Andreas Deuschle MdL, Ja zur Haupt- und Werkrealschule

Ja zur Haupt- und Werkrealschule

Deuschle: Kultusministerin soll sich vor Ort informieren


Zahlreiche Vergleichsstudien belegen, dass Baden-Württemberg über eine erfolgreiche und bestens funktionierende Schullandschaft verfügt. Es sei daher völlig unverständlich, weshalb die neue Landeskultusministerin die erfolgreichen Haupt- und Werkrealschulen schlecht rede. „Gerade hier im Wahlkreis Esslingen sind die Haupt- und Werkrealschulen eine unverzichtbare Säule des erfolgreichen differenzierten Schulwesens“, sagt Andreas Deuschle (CDU), Landtagsabgeordneter des Wahlkreises Esslingen. Die Haupt- und Werkrealschulen sind leistungsstarke Schularten, aus denen ein erfolgreicher Wechsel in die Berufswelt oder an weiterführende berufliche Schulen gelingt. Schließlich zeigt sich die gute Arbeit der Haupt- und Werkrealschulen auch darin, dass in der Vergangenheit rund 10 Prozent der Schüler mit Hauptschulabschluss im Anschluss das Abitur erwerben konnten. „Mit ihrem erfolgreichen Profil der Berufs- und Praxisorientierung ist diese Schulart in einer Region wie Esslingen unverzichtbar“, so Andreas Deuschle MdL, der sich sicher ist, dass die Haupt- und Werkrealschüler, gerade wegen der hohen berufspraktischen Ausrichtung des Unterrichts, die Leistungsträger in der Berufswelt von morgen sein werden. „Diese gut ausgebildeten jungen Menschen sind die künftigen Meister und Fachkräfte und werden das Rückgrat unser erfolgreichen kleinen und mittleren Betriebe im Wahlkreis Esslingen bilden“, erklärte Deuschle.

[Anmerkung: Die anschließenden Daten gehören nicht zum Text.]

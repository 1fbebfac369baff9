-- ===== src/Snippet/Window.antt =====
-- What a snippet shows of the text, and how long it is.
use nomai.Base.{
  ℕ, ◌+◌, ◌-◌, ◌/◌, ◌≤◌, ◌<◌, ◌≡◌, Bool, true, false, ◌==◌, if◌then◌else◌, ◌&&◌, ◌||◌, [], ◌++◌,
  arith, ltb, min, max, length, take, drop, is_empty, length-append, length-take, Bool-cases,
  Option-cases, inl, inr,
}
use nomai.Snippet.{
  window, stars, ellipsis, find_first, slice, if_so, left_of, right_of, start_of, end_of, marked,
  extract_snippet,
}
use nomai.Text.{Text, text_eq}

length-if_so : (b : Bool) → length (if_so b ellipsis) ≤ 1
length-if_so true = omega arith
length-if_so false = omega arith

length-slice : (a b : ℕ) (s : Text) → length (slice a b s) ≤ b - a
length-slice a b s = let taken = length-take (b - a) (drop a s) in omega (arith, taken)

length-parts :
    (a b c e t : Text)
    → length (a ++ (b ++ (stars ++ (c ++ (stars ++ (e ++ t))))))
      ≡ length a + (length b + (length c + (length e + length t))) + 4
length-parts a b c e t = omega (
  arith,
  length-append a (b ++ (stars ++ (c ++ (stars ++ (e ++ t))))),
  length-append b (stars ++ (c ++ (stars ++ (e ++ t)))),
  length-append c (stars ++ (e ++ t)),
  length-append e t,
)

window_bound :
    (q hs total : ℕ)
    → (hs - (hs - (120 - q) / 2))
        + ((hs + q - hs) + (min (hs + q + (120 - q - (120 - q) / 2)) total - (hs + q)))
      ≤ max 120 q
window_bound q hs total = omega arith

length-marked : (chars q : Text) (hs : ℕ) → length (marked chars q hs) ≤ max window (length q) + 6
length-marked chars q hs =
    let he = hs + length q in
    let we = end_of chars q hs in
    let lead = if_so (ltb 0 (start_of q hs) && ltb 0 (left_of q)) ellipsis in
    let trail = if_so (ltb we (length chars) && ltb 0 (right_of q)) ellipsis in
    omega (
      arith,
      length-parts lead (slice (start_of q hs) hs chars) (slice hs he chars) (slice he we chars)
          trail,
      length-slice (start_of q hs) hs chars,
      length-slice hs he chars,
      length-slice he we chars,
      length-if_so (ltb 0 (start_of q hs) && ltb 0 (left_of q)),
      length-if_so (ltb we (length chars) && ltb 0 (right_of q)),
      window_bound (length q) hs (length chars),
    )

-- A snippet has at most the 120 characters of the window, or those of the query if they are more, and six
-- for the marks.
extract_snippet-length :
    (chars q : Text) → length (extract_snippet chars q) ≤ max window (length q) + 6
unfolding extract_snippet
extract_snippet-length chars q = elim (Bool-cases (is_empty q || is_empty chars)) [
  | inl e ↦ rw e (plain chars)
  | inr e ↦ elim (Option-cases (find_first chars q)) [
    | inl n ↦ rw (e, n) (plain chars)
    | inr (hs, n) ↦ rw (e, n) (length-marked chars q hs)
  ]
]
  where
    plain : (chars : Text) → length (take window chars) ≤ max window (length q) + 6
    plain chars = let taken = length-take window chars in omega (arith, taken)

-- An ellipsis where some of the text is cut off, if there is any padding on that side.
abbrev pub cut_mark : Text → ℕ → Text
cut_mark rest padding = if is_empty rest || padding == 0 then [] else ellipsis

-- A snippet of the query at `hs`, with what it leaves of the text in front and behind.
pub record IsShown (chars q : Text) (hs : ℕ) (snippet : Text) : Type 0 where
  pub front : Text
  pub before : Text
  pub behind : Text
  pub back : Text
  pub text : chars ≡ front ++ (before ++ (q ++ (behind ++ back)))
  pub first : (j : ℕ) → j < hs → text_eq (take (length q) (drop j chars)) q ≡ false
  pub left : length before ≡ min hs ((120 - length q) / 2)
  pub right :
      length behind ≡ min (length chars - (hs + length q)) (120 - length q - (120 - length q) / 2)
  pub shown :
      snippet
      ≡ cut_mark front ((120 - length q) / 2)
        ++ (before
            ++ (stars
                ++ (q
                    ++ (stars
                        ++ (behind ++ cut_mark back (120 - length q - (120 - length q) / 2))))))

Es sei allgemein bekannt, dass einer frühzeitigen und intensiven Berufsorientierung eine Schlüsselrolle zukomme, die Schüler können so noch zielgerichteter ihren Berufsweg einschlagen. Auch die Ausbildungsbetriebe hier vor Ort haben ein großes Interesse, dass die Haupt- und Werkrealschulen erhalten bleiben, betont Andreas Deuschle MdL. „Die Lehrkräfte an den Haupt- und Werkrealschulen im Landkreis Esslingen haben hervorragende Konzepte gemeinsam mit den Ausbildungsbetrieben entwickelt“, begründet Andreas Deuschle MdL. Den Schulen gelinge es in ausgezeichneter Weise eine hohe Praxisnähe durch Betriebserkundungen, Praktika in Betrieben und vielen Kooperationen mit der örtlichen Wirtschaft den Schülerinnen und Schülern zu bieten. Deshalb sei es nicht nachvollziehbar, dass die neue Landeskultusministerin versuche die Haupt- und Werkrealschulen totzureden. „Ich lade gerne Frau Warminski-Leitheußer in meinen Wahlkreis ein um ihr hier vor Ort die erfolgreichen Haupt- und Werkrealschulen vorzustellen“, sagt Andreas Deuschle MdL.